[Work to complete] Return each line in the records below that includes "Unit".

[The input]
* * * *
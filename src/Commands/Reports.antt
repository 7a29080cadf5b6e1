-- ===== src/Commands/Reports.antt =====
-- What a phone's report on a command does.
use phone_control.Common.{
  ℕ, ◌≡◌, ◌≢◌, ◌↔◌, false, List, [], ◌∷◌, ◌++◌, none, some, arith, refl, sym, ap, ◌∙◌, inl, inr,
  Bool-cases, if◌then◌else◌, ◌==◌, All, find_first, find_first-satisfies, update_where, count_where,
}
use phone_control.Store.Enums.{
  CommandType, CommandStatus, DeviceState, SecurityEventType, is_executed, is_active_session,
  SessionStatus, SessionEndReason,
}
use phone_control.Store.{DeviceCommand, Device, Session, SecurityEvent, Db, done}
use phone_control.Commands.{
  Outcome, executed, failed, reported, is_command_of, is_active_on, close_session,
  apply_side_effects, side_effects_of, write_report, report_result, event_type_of, severity_of,
}

-- The commands whose execution ends the sessions of the phone.
abbrev pub Locks : CommandType → Type 0
Locks CommandType.lock_device = Unit
Locks CommandType.force_logout = Unit
Locks CommandType.revoke_session = Unit
Locks _ = ⊥

closed_none :
    (device now : ℕ) (status : SessionStatus) (reason : SessionEndReason) (ss : List Session)
    → is_active_session status ≡ false
    → count_where
        (is_active_on device)
        (update_where (is_active_on device) (close_session status reason now) ss)
      ≡ 0
closed_none device now status reason [] h = refl
closed_none device now status reason (s ∷ ss) h =
    ground (arith, closed_none device now status reason ss h)

abbrev pub IsLocked : ℕ → Db → Type 0
IsLocked device db =
    (count_where (is_active_on device) db.sessions ≡ 0)
    × All (λ d. d.id ≡ device → d.state ≡ DeviceState.locked) db.devices

pub locked_devices :
    (device : ℕ) (ds : List Device)
    → All
        (λ d. d.id ≡ device → d.state ≡ DeviceState.locked)
        (update_where (λ d. d.id == device) (λ d. record d { state = DeviceState.locked }) ds)
locked_devices device [] = tt
locked_devices device (d ∷ ds) = (ground arith, locked_devices device ds)

apply_side_effects-IsLocked :
    (command : CommandType) (device now : ℕ) (db : Db)
    → Locks command
    → IsLocked device (apply_side_effects command device now db)
unfolding apply_side_effects
apply_side_effects-IsLocked CommandType.lock_device device now db l =
    (closed_none device now _ _ db.sessions refl, locked_devices device db.devices)
apply_side_effects-IsLocked CommandType.force_logout device now db l =
    (closed_none device now _ _ db.sessions refl, locked_devices device db.devices)
apply_side_effects-IsLocked CommandType.revoke_session device now db l =
    (closed_none device now _ _ db.sessions refl, locked_devices device db.devices)
apply_side_effects-IsLocked _ device now db l = elim l [ ]

failed_commands :
    (id now : ℕ) (cs : List DeviceCommand)
    → All
        (λ x. x.id ≡ id → x.status ≡ CommandStatus.failed)
        (update_where (λ x. x.id == id) (reported failed now) cs)
failed_commands id now [] = tt
failed_commands id now (c ∷ cs) = (ground arith, failed_commands id now cs)

-- The side effects leave the journal and the supply of identifiers alone.
abbrev SameJournal : Db → Db → Type 0
SameJournal a b = (a.security_events ≡ b.security_events) × (a.ids ≡ b.ids) × (a.issued ≡ b.issued)

apply_side_effects-SameJournal :
    (command : CommandType) (device now : ℕ) (db : Db)
    → SameJournal (apply_side_effects command device now db) db
unfolding apply_side_effects
apply_side_effects-SameJournal CommandType.lock_device device now db = (refl, refl, refl)
apply_side_effects-SameJournal CommandType.force_logout device now db = (refl, refl, refl)
apply_side_effects-SameJournal CommandType.revoke_session device now db = (refl, refl, refl)
apply_side_effects-SameJournal CommandType.unlock_device device now db = (refl, refl, refl)
apply_side_effects-SameJournal _ device now db = (refl, refl, refl)

side_effects_of-SameJournal :
    (outcome : Outcome) (c : DeviceCommand) (now : ℕ) (db : Db)
    → SameJournal (side_effects_of outcome c now (write_report c outcome now db)) db
unfolding side_effects_of
side_effects_of-SameJournal executed c now db =
    apply_side_effects-SameJournal c.command c.device_id now (write_report c executed now db)
side_effects_of-SameJournal failed c now db = (refl, refl, refl)

-- What the journal calls a report: that the phone was locked or unlocked when that was executed, and
-- a failed command in all other cases.
abbrev pub Reports : Outcome → CommandType → SecurityEventType → Type 0
Reports outcome command type =
    ((type ≡ SecurityEventType.lock_device)
      ↔ ((outcome ≡ executed) × (command ≡ CommandType.lock_device)))
    × ((type ≡ SecurityEventType.unlock_device)
        ↔ ((outcome ≡ executed) × (command ≡ CommandType.unlock_device)))
    × ((type ≡ SecurityEventType.command_failed) ↔ (
        (outcome ≡ executed)
        → (command ≢ CommandType.lock_device) × (command ≢ CommandType.unlock_device)))

event_type_of-Reports :
    (outcome : Outcome) (command : CommandType)
    → Reports outcome command (event_type_of outcome command)
event_type_of-Reports failed command = ground arith
event_type_of-Reports executed command = ground arith

module _ (device id now : ℕ) (db : Db) (c : DeviceCommand)
    (found : find_first (is_command_of device id) db.commands ≡ some c) where
  abbrev reported_event : Outcome → SecurityEvent
  reported_event outcome = record {
    id = db.ids db.issued;
    event_id = none;
    company_id = c.company_id;
    device_id = device;
    user_id = none;
    session_id = none;
    type = event_type_of outcome c.command;
    severity = severity_of outcome;
    occurred_at = now;
    clock_suspect = false;
  }

  of_device : c.device_id ≡ device
  of_device =
      let h = find_first-satisfies (is_command_of device id) db.commands c found in ground arith

module _ (device id now : ℕ) (db : Db) (c : DeviceCommand)
    (found : find_first (is_command_of device id) db.commands ≡ some c)
    (fresh : is_executed c.status ≡ false) where
  -- A report, on a command that was not executed before, that a command which locks was executed ends every active session of the phone
  -- and marks the phone locked.
  pub report_result-IsLocked :
      Locks c.command
      → ((report_result device id executed now db).0 ≡ done tt)
        × IsLocked device (report_result device id executed now db).1
  unfolding report_result
  report_result-IsLocked l =
      rw (found, report_result)
        (rw (fresh, report_result)
          (
            refl,
            rw (← of_device device id now db c found)
                (apply_side_effects-IsLocked c.command c.device_id now _ l),
          ))

  -- Such a report of a failure touches neither sessions nor phones, and marks the command failed.
  pub report_result_failed :
      ((report_result device id failed now db).1.sessions ≡ db.sessions)
      × ((report_result device id failed now db).1.devices ≡ db.devices)
      × All
          (λ x. x.id ≡ c.id → x.status ≡ CommandStatus.failed)
          (report_result device id failed now db).1.commands
  unfolding report_result
  report_result_failed =
      rw (found, report_result)
        (rw (fresh, report_result) (refl, refl, failed_commands c.id now db.commands))

  report_result_journal :
      (outcome : Outcome)
      → (report_result device id outcome now db).1.security_events
        ≡ db.security_events ++ reported_event device id now db c found outcome ∷ []
  unfolding report_result
  report_result_journal outcome =
      let (events, supply, count) = side_effects_of-SameJournal outcome c now db in
      rw (found, report_result) (rw (fresh, report_result) (cc (events, supply, count)))

append-nil : (events : List SecurityEvent) → events ++ [] ≡ events
append-nil [] = refl
append-nil (e ∷ es) = ap (λ r. e ∷ r) (append-nil es)

-- A report on a command of the phone, of an execution or of a failure: it adds nothing to the journal
-- when the command was reported as executed before, and one event otherwise. The event is for the
-- phone and the company of the command. It says that the phone was locked or unlocked exactly when a
-- command to lock or to unlock was executed, and else, so for every other command that was executed
-- too, that a command failed.
pub report_result_journal_type :
    (device id now : ℕ) (outcome : Outcome) (db : Db) (c : DeviceCommand)
    → find_first (is_command_of device id) db.commands ≡ some c
    → (e : SecurityEvent) × ((report_result device id outcome now db).1.security_events
        ≡ db.security_events ++ (if is_executed c.status then [] else e ∷ []))
      × (e.device_id ≡ device)
      × (e.company_id ≡ c.company_id)
      × Reports outcome c.command e.type
unfolding report_result
report_result_journal_type device id now outcome db c found = (
  reported_event device id now db c found outcome,
  elim (Bool-cases (is_executed c.status)) [
    | inl again ↦ rw (found, report_result) (rw again (sym (append-nil db.security_events)))
    | inr fresh ↦ report_result_journal device id now db c found fresh outcome ∙ rw fresh refl
  ],
  refl,
  refl,
  event_type_of-Reports outcome c.command,
)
* * * *
[Response box]
Locks CommandType.lock_device = Unit
Locks CommandType.force_logout = Unit
Locks CommandType.revoke_session = Unit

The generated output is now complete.